TASK ITEM → Start at the line below containing "pins_exist k s ≡ r" and stop at the line containing "go (ok true) e g = λ o i.". Repeat every line of that stretch exactly, and nothing outside it.

GIVEN INFORMATION →
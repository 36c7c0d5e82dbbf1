-- ===== src/Loader/Start.antt =====
-- What is pinned after the agent's start.
use mesh_cni.Loader.Pinned.{
  IsKernel, Pinned, Pins, first, last, next, anything, onto, attach-Pins, pin_maps-Pins,
  ensure_ingress-Pins,
}
use mesh_cni.Loader.{
  BpfNamePath, Object, Kernel, path, bpf_program_ingress_tc, bpf_program_cgroup_connect_v4,
  policy_maps_list, service_maps_list, prog_list, start_ebpf_logger_from_prog_id, start_ebpf_logger,
  pin_maps, all_exist, pins_exist, ensure_ingress_program, attach_cgroup_connect_bpf_program,
  load_and_pin, init_bpf, reset_pins,
}
use mesh_cni.Prelude.{
  ℕ, String, List, [], ◌∷◌, ◌++◌, Bool, true, false, ◌≡◌, refl, ap, ◌∙◌, ◌⊎◌, inl, inr, IsIn,
  IsIn-append, IsIn-append_left, IsIn-append_right, if◌then◌else◌,
}
use mesh_cni.Prelude.Result.{Result, ok, err, Proc, Keeps, bind-Keeps, then_do, and_then, lift}
use mesh_cni.Prelude.Triple.{After-ok, Quiet}

IsIn-onto :
    (x : BpfNamePath) (xs ys : List BpfNamePath) → IsIn x xs ⊎ IsIn x ys → IsIn x (onto xs ys)
IsIn-onto x [] ys (inl i) = absurd i
IsIn-onto x [] ys (inr i) = i
IsIn-onto x (o ∷ rest) ys (inl (inl e)) = IsIn-onto x rest (o ∷ ys) (inr (inl e))
IsIn-onto x (o ∷ rest) ys (inl (inr i)) = IsIn-onto x rest (o ∷ ys) (inl i)
IsIn-onto x (o ∷ rest) ys (inr i) = IsIn-onto x rest (o ∷ ys) (inr (inr i))

abbrev pinned_in_order : List BpfNamePath
pinned_in_order =
    onto policy_maps_list
      (bpf_program_ingress_tc ∷ onto service_maps_list (bpf_program_cgroup_connect_v4 ∷ []))

IsIn-order :
    (x : BpfNamePath)
    → IsIn x ((service_maps_list ++ policy_maps_list) ++ prog_list)
    → IsIn x pinned_in_order
IsIn-order x i =
    let connect = bpf_program_cgroup_connect_v4 ∷ [] in
    let services = onto service_maps_list connect in
    elim (IsIn-append x (service_maps_list ++ policy_maps_list) prog_list i) [
      | inl j ↦ elim (IsIn-append x service_maps_list policy_maps_list j) [
        | inl a ↦
            IsIn-onto x policy_maps_list (bpf_program_ingress_tc ∷ services)
              (inr (inr (IsIn-onto x service_maps_list connect (inl a))))
        | inr b ↦ IsIn-onto x policy_maps_list (bpf_program_ingress_tc ∷ services) (inl b)
      ]
      | inr (inl e) ↦
          IsIn-onto x policy_maps_list (bpf_program_ingress_tc ∷ services)
            (inr (inr (IsIn-onto x service_maps_list connect (inr (inl e)))))
      | inr (inr (inl e)) ↦
          IsIn-onto x policy_maps_list (bpf_program_ingress_tc ∷ services) (inr (inl e))
      | inr (inr (inr e)) ↦ absurd e
    ]

-- The objects that `pins_exist` looks for.
abbrev pub objects : List BpfNamePath
objects = (service_maps_list ++ policy_maps_list) ++ prog_list

module _ {S Ebpf MapData Prog File LinkId Link FdLink Logger : Type 0}
    {k : Kernel S Ebpf MapData Prog File LinkId Link FdLink Logger} (laws : IsKernel k) where
  open laws use {view}

  Quiet-Keeps :
      {A : Type 0} (v : String → Bool) (m : Proc S A) → Quiet view m → Keeps (λ t. view t ≡ v) m
  Quiet-Keeps v m q s h = q s ∙ h

  from_prog_id-Keeps :
      (v : String → Bool) (id : ℕ) → Keeps (λ t. view t ≡ v) (start_ebpf_logger_from_prog_id k id)
  unfolding start_ebpf_logger_from_prog_id
  from_prog_id-Keeps v id =
      bind-Keeps (λ t. view t ≡ v) (k.logger_from_id id) _
        (Quiet-Keeps v (k.logger_from_id id) (laws.logger_quiet id)) (λ logger s h. h)

  start_ebpf_logger-Keeps : (v : String → Bool) → Keeps (λ t. view t ≡ v) (start_ebpf_logger k)
  unfolding start_ebpf_logger
  start_ebpf_logger-Keeps v =
      let P : S → Type 0 = λ t. view t ≡ v in
      let connect = path bpf_program_cgroup_connect_v4 in
      let ingress = path bpf_program_ingress_tc in
      bind-Keeps P (k.sock_addr_from_pin connect) _
        (Quiet-Keeps v (k.sock_addr_from_pin connect) (laws.sock_addr_quiet connect))
        λ prog.
          bind-Keeps P (lift (k.info_id prog)) _ (λ s h. h)
            λ id.
              bind-Keeps P (start_ebpf_logger_from_prog_id k id) _ (from_prog_id-Keeps v id) λ _.
                bind-Keeps P (k.classifier_from_pin ingress) _
                  (Quiet-Keeps v (k.classifier_from_pin ingress) (laws.classifier_quiet ingress))
                  λ prog. bind-Keeps P (lift (k.info_id prog)) _ (λ s h. h) (from_prog_id-Keeps v)

  load_and_pin-Pins : Pins laws [] (load_and_pin k) pinned_in_order
  unfolding load_and_pin
  load_and_pin-Pins =
      let connect = bpf_program_cgroup_connect_v4 ∷ [] in
      let service = onto service_maps_list connect in
      let both = bpf_program_ingress_tc ∷ service in
      next laws [] [] pinned_in_order (reset_pins k) _ (anything laws (reset_pins k)) λ _.
        next laws [] [] pinned_in_order (k.load Object.mesh_cni_service) _
          (anything laws (k.load Object.mesh_cni_service))
          λ service_ebpf.
            next laws [] connect pinned_in_order (attach_cgroup_connect_bpf_program k service_ebpf)
              _ (attach-Pins laws service_ebpf)
              λ _.
                next laws connect service pinned_in_order
                  (pin_maps k service_ebpf service_maps_list) _
                  (pin_maps-Pins laws service_ebpf service_maps_list connect)
                  λ _.
                    first laws service pinned_in_order (k.load Object.mesh_cni_policy) _
                      (λ q. laws.load_Keeps q _)
                      λ policy_ebpf.
                        next laws service both pinned_in_order
                          (ensure_ingress_program k policy_ebpf) _
                          (ensure_ingress-Pins laws policy_ebpf service)
                          λ _.
                            next laws both pinned_in_order pinned_in_order
                              (pin_maps k policy_ebpf policy_maps_list) _
                              (pin_maps-Pins laws policy_ebpf policy_maps_list both)
                              λ _. last laws pinned_in_order (start_ebpf_logger k) (λ q s h.
                                ap (λ w. w q) (start_ebpf_logger-Keeps (view s) s refl) ∙ h)

  all_exist-true :
      (objects : List BpfNamePath) (s : S)
      → ((o : BpfNamePath) → IsIn o objects → k.exists s (path o) ≡ ok true)
      → all_exist k objects s ≡ ok true
  unfolding all_exist
  all_exist-true [] s h = refl
  all_exist-true (o ∷ rest) s h =
      rw (h o (inl refl), all_exist) (all_exist-true rest s (λ x i. h x (inr i)))

  all_exist-Pinned :
      (objects : List BpfNamePath) (s : S) → all_exist k objects s ≡ ok true → Pinned laws objects s
  unfolding all_exist
  all_exist-Pinned [] s h = λ x i. absurd i
  all_exist-Pinned (o ∷ rest) s h = go (all_exist-Pinned rest s) (k.exists s (path o)) refl h
    where
      go :
          (all_exist k rest s ≡ ok true → Pinned laws rest s)
          → (r : Result Bool) → k.exists s (path o) ≡ r
          → and_then r (λ found. if found then all_exist k rest s else ok false) ≡ ok true
          → Pinned laws (o ∷ rest) s
      go later (ok true) e g =
          λ x i. elim i [ inl q ↦ rw q (laws.exists_view s (path o) true e) | inr j ↦ later g x j ]
      go later (ok false) e g = cc
      go later (err x) e g = cc

  pins_exist-Pinned : (s : S) → pins_exist k s ≡ ok true → Pinned laws objects s
  unfolding pins_exist
  pins_exist-Pinned s h = go (all_exist k (service_maps_list ++ policy_maps_list) s) refl h
    where
      go :
          (r : Result Bool)
          → all_exist k (service_maps_list ++ policy_maps_list) s ≡ r
          → and_then r (λ found. if found then all_exist k prog_list s else ok false) ≡ ok true
          → Pinned laws objects s
      go (ok true) e g = λ x i.
          elim (IsIn-append x (service_maps_list ++ policy_maps_list) prog_list i) [
            | inl j ↦ all_exist-Pinned (service_maps_list ++ policy_maps_list) s e x j
            | inr j ↦ all_exist-Pinned prog_list s g x j
          ]
      go (ok false) e g = cc
      go (err x) e g = cc

  pins_exist-true :
      (s : S)
      → ((o : BpfNamePath) → IsIn o objects → k.exists s (path o) ≡ ok true)
      → pins_exist k s ≡ ok true
  unfolding pins_exist
  pins_exist-true s h =
      let maps = service_maps_list ++ policy_maps_list in
      rw (all_exist-true maps s (λ x i. h x (IsIn-append_left x maps prog_list i)), pins_exist)
        (all_exist-true prog_list s (λ x i. h x (IsIn-append_right x maps prog_list i)))

  -- If `init_bpf` returns `Ok`, whether it found the pins or made them, every map and program that
  -- `pins_exist` looks for is pinned.
  pub init_bpf-Pinned : (s : S) → (init_bpf k s).0 ≡ ok tt → Pinned laws objects (init_bpf k s).1
  unfolding init_bpf
  init_bpf-Pinned s h = go (pins_exist k s) refl h
    where
      go :
          (r : Result Bool)
          → pins_exist k s ≡ r
          → (then_do (lift r s) (λ found. if found then start_ebpf_logger k else load_and_pin k)).0
            ≡ ok tt
          → Pinned laws objects
              (then_do
                (lift r s)
                (λ found. if found then start_ebpf_logger k else load_and_pin k)).1
      go (ok true) e g = λ o i.
          ap (λ w. w (path o)) (start_ebpf_logger-Keeps (view s) s refl) ∙ pins_exist-Pinned s e o i
      go (ok false) e g = λ o i.
          After-ok (λ a. Pinned laws pinned_in_order) (λ t. Unit) (load_and_pin k s) tt
            (load_and_pin-Pins s (λ o i. absurd i)) g o (IsIn-order o i)
      go (err x) e g = cc

  -- A start that finds every map and program pinned changes no file, whatever it returns.
  pub init_bpf_restart :
      (s : S)
      → ((o : BpfNamePath) → IsIn o objects → k.exists s (path o) ≡ ok true)
      → view (init_bpf k s).1 ≡ view s
  unfolding init_bpf
  init_bpf_restart s h =
      rw (pins_exist-true s h, init_bpf) (start_ebpf_logger-Keeps (view s) s refl)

REPLY TO THE TASK →
          → pins_exist k s ≡ r
          → (then_do (lift r s) (λ found. if found then start_ebpf_logger k else load_and_pin k)).0
            ≡ ok tt
          → Pinned laws objects
              (then_do
                (lift r s)
                (λ found. if found then start_ebpf_logger k else load_and_pin k)).1
      go (ok true) e g = λ o i.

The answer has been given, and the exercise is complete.